Lennon's new work will seek to identify the key ecological and evolutionary processes that generate and maintain microbial diversity and to understand how that diversity influences ecosystem processes. He plans to do that by focusing on dormancy and the evolutionary history of a mechanism that has been recognized as a form of cell-to-cell communication that may affect pathogen suppression, plant-soil feedback and ecosystem processes.

"We plan to develop and test theories and predictions that dormant microbes use signaling molecules to directly alter microbial seed banks," said Lennon, a researcher in the College of Arts and Sciences' Department of Biology. "Then we want to analyze how these seed banks contribute to geographic patterns of diversity."

Seed banks are of interest to the National Science Foundation and to biodiversity researchers as reservoirs of inactive individuals that can potentially be resuscitated under different sets of environmental conditions.

"Our previous research has shown that in some soils, an estimated 90 percent of all bacterial cells are inactive, half of all species are dormant, and at least one-quarter contain genes that enable individuals to resuscitate from dormancy," Lennon said. "We now have the tools that will allow us to characterize the mechanisms of dormancy and to develop a theoretical framework for linking the structure and function of these communities in natural and managed ecosystems."

In contrast to traditional biodiversity research, NSF's Dimensions in Biodiversity Program doesn't focus on one taxonomic group or ecosystem, but instead integrates multiple aspects into research projects, linking functional, genetic and phylogenetic dimensions of biodiversity.

Research has already found that plant and animal extinctions are detrimental to human health and that species losses in ecosystems such as forests and fields result in increases in pathogens or disease-causing organisms.
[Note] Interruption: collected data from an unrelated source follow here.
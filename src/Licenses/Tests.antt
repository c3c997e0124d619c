-- ===== src/Licenses/Tests.antt =====
-- A run of the license operations: an activation, then its removal.
use reeva.Prelude.{ℕ, ◌≡◌, refl, none, [], ◌∷◌, lit, ok, trim, trim_start, is_space, same}
use reeva.Input.{text}
use reeva.Licenses.{
  nat, License, Licensing, find_license, save, activations_of, Token, Signer, get_private_key,
  issue, remove_activation,
}
use reeva.Licenses.Invariant.{IsConsistent}
use reeva.Licenses.Seats.{IsSeated, issue-IsSeated}
use reeva.Licenses.Steps.{here, next, issued, removed, Reach-IsConsistent}

abbrev license_of : ℕ → License
license_of n = record {
  id = 7;
  license_key = lit "K";
  product_name = lit "App";
  status = lit "active";
  max_activations = nat 1;
  activation_count = n;
  expires_at = none;
  revoked_at = none;
  deleted_at = none;
}

abbrev start : Licensing
start = record {
  licenses = license_of 0 ∷ [];
  activations = [];
  settings = record { key = lit "license_private_key"; value = lit "p" } ∷ [];
}

abbrev active : Licensing
active = record {
  licenses = license_of 1 ∷ [];
  activations = record { id = 9; license_id = 7; machine_id = lit "pc" } ∷ [];
  settings = record { key = lit "license_private_key"; value = lit "p" } ∷ [];
}

abbrev signer : Signer
signer = record { fresh = (lit "p", lit "q"); sign = λ key p. key }

abbrev token : Token
token = record {
  payload = record {
    lid = 7;
    key = lit "K";
    hid = lit "pc";
    prod = lit "App";
    exp = none;
    iat = 100;
  };
  signature = lit "p";
}

issue_run : issue signer start 7 (text (lit " pc")) 9 100 ≡ ok (token, active)
unfolding issue find_license save activations_of get_private_key same trim trim_start is_space
issue_run = refl

remove_run : remove_activation active 7 9 ≡ ok start
unfolding remove_activation find_license save activations_of
remove_run = refl

start-IsConsistent : IsConsistent start
unfolding activations_of
start-IsConsistent = record { counted = (refl, tt); apart = tt }

Reach-IsConsistent_example : IsConsistent start
Reach-IsConsistent_example =
    Reach-IsConsistent {signer = signer} {start = start} {db = start} start-IsConsistent (
      next (next here (issued 7 (text (lit " pc")) 9 100 token tt issue_run))
        (removed 7 9 remove_run))

issue-IsSeated_example : IsSeated start 7 (text (lit " pc")) 100 active
issue-IsSeated_example =
    issue-IsSeated signer start 7 (text (lit " pc")) 9 100 token active issue_run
The species most likely to disappear as biodiversity declines are often those that buffer infectious disease transmission, and those that remain tend to be the ones that magnify diseases, such as West Nile virus, Lyme disease and hantavirus.

"Seed banks may be one of the largest global reservoirs of biodiversity on the planet, yet few studies have examined how dormancy is regulated in these complex communities," Lennon said. "And there has never been a theoretical exploration of how seed banks influence microbial diversity."

Still, microbial dormancy has been an attention-getter in the scientific community for a half-century or more. Microbiologists know dormancy plays a role in anthrax, cholera and gonorrhea, and it's estimated that a third of the world's population is infected with a dormant version of Mycobacterium tuberculosis, which causes tuberculosis.

"This year's portfolio of projects will accelerate our understanding of biodiversity across disciplines and across scales of time and space," said Penny Firth, director of NSF's Division of Environmental Biology. "Through this program, we're witnessing a transformation in our ability to bridge scientific approaches and perspectives."

The project will also allow for a collaboration with Transylvania University (Lexington, Ky.) associate professor of biology Sarah Bray, who spent a sabbatical in Lennon's lab last year and who will now send two different seniors to Lennon's lab for each of five consecutive summers. Those students will then return to Transylvania and mentor younger students about microbial diversity research.